To run the evaluations on a chunk:

python train_single.py -s ${CHUNK_DIR} --model_path ${OUTPUT_DIR} -d depths --exposure_lr_init 0.0 --eval --skip_scale_big_gauss

# Windows: build/Release/GaussianHierarchyCreator 
submodules/gaussianhierarchy/build/GaussianHierarchyCreator ${OUTPUT_DIR}/point_cloud/iteration_30000/point_cloud.ply ${CHUNK_DIR}  ${OUTPUT_DIR} 

python train_post.py -s ${CHUNK_DIR} --model_path ${OUTPUT_DIR} --hierarchy ${OUTPUT_DIR}/hierarchy.hier --iterations 15000 --feature_lr 0.0005 --opacity_lr 0.01 --scaling_lr 0.001 --eval

python render_hierarchy.py -s ${CHUNK_DIR} --model_path ${OUTPUT_DIR} --hierarchy ${OUTPUT_DIR}/hierarchy.hier_opt --out_dir ${OUTPUT_DIR} --eval

Large scenes

Ensure that the test.txt is present in all sparse/0/ folders. preprocess/copy_file_to_chunks.py can help copying it to each chunk. Then, the scene can be optimized with eval:

python scripts/full_train.py --project_dir ${DATASET_DIR} --extra_training_args '--exposure_lr_init 0.0 --eval'

The following renders the test set from the optimized hierarchy. Note that the current implementation loads the full hierarchy in GPU memory.
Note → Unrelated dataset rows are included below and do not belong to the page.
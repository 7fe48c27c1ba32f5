-- ===== src/Workflow/Runner/Tests.antt =====
-- A new workflow that is brought to `running`, and the theorems about the runner at it.
use nl2data_core.Common.{◌≡◌, refl, none, ok, arith, List}
use nl2data_core.Common.Text.{is_identifier, is_fingerprint}
use nl2data_core.Workflow.Models.{WorkflowState, state_ok, budget_ok, scope_ok}
use nl2data_core.Workflow.Tests.{new_state}
use nl2data_core.Workflow.Transitions.Liveness.{HasRoom}
use nl2data_core.Workflow.Sqlite.{StateRow, select_state}
use nl2data_core.Workflow.Sqlite.Tests.{iso, table, table-IsTable, new-IsConstructed}
use nl2data_core.Workflow.Runner.{Tick, advance_to_running}
use nl2data_core.Workflow.Runner.Advance.{Advanced}
use nl2data_core.Workflow.Runner.Progress.{Holds, advance_to_running-succeeds}

abbrev first : Tick
first = record { event_id = "ev-1"; moved_at = 7; saved_at = 8 }

abbrev second : Tick
second = record { event_id = "ev-2"; moved_at = 9; saved_at = 10 }

new_state-HasRoom : HasRoom 2 new_state
unfolding state_ok budget_ok is_identifier is_fingerprint
new_state-HasRoom = record { valid = refl; bounded = refl; room = omega arith }

table-Holds : Holds iso "wf-1" none new_state table
unfolding select_state
table-Holds = record { row = _; found = refl; same_status = refl; same_scope = refl }

advance_to_running-succeeds_example :
    (next : WorkflowState) × (after : List StateRow) × (advance_to_running iso "wf-1" none first
        second new_state table
      ≡ ok (next, after))
    × Advanced iso "wf-1" none new_state next after
unfolding scope_ok is_identifier
advance_to_running-succeeds_example =
    advance_to_running-succeeds iso "wf-1" none first second table refl refl refl new_state
      table-IsTable new-IsConstructed table-Holds refl new_state-HasRoom (omega arith)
python render_hierarchy.py -s ${DATASET_DIR} --model_path ${DATASET_DIR}/output --hierarchy ${DATASET_DIR}/output/merged.hier --out_dir ${DATASET_DIR}/output/renders --eval --scaffold_file ${DATASET_DIR}/output/scaffold/point_cloud/iteration_30000

Exposure optimization

We generally disable exposure optimization for evaluations. If you want to use it, you can optimize exposure on the left half of the test image and evaluate on their right half. To achieve this, remove --exposure_lr_init 0.0 from the commands above and add --train_test_exp to all training scripts.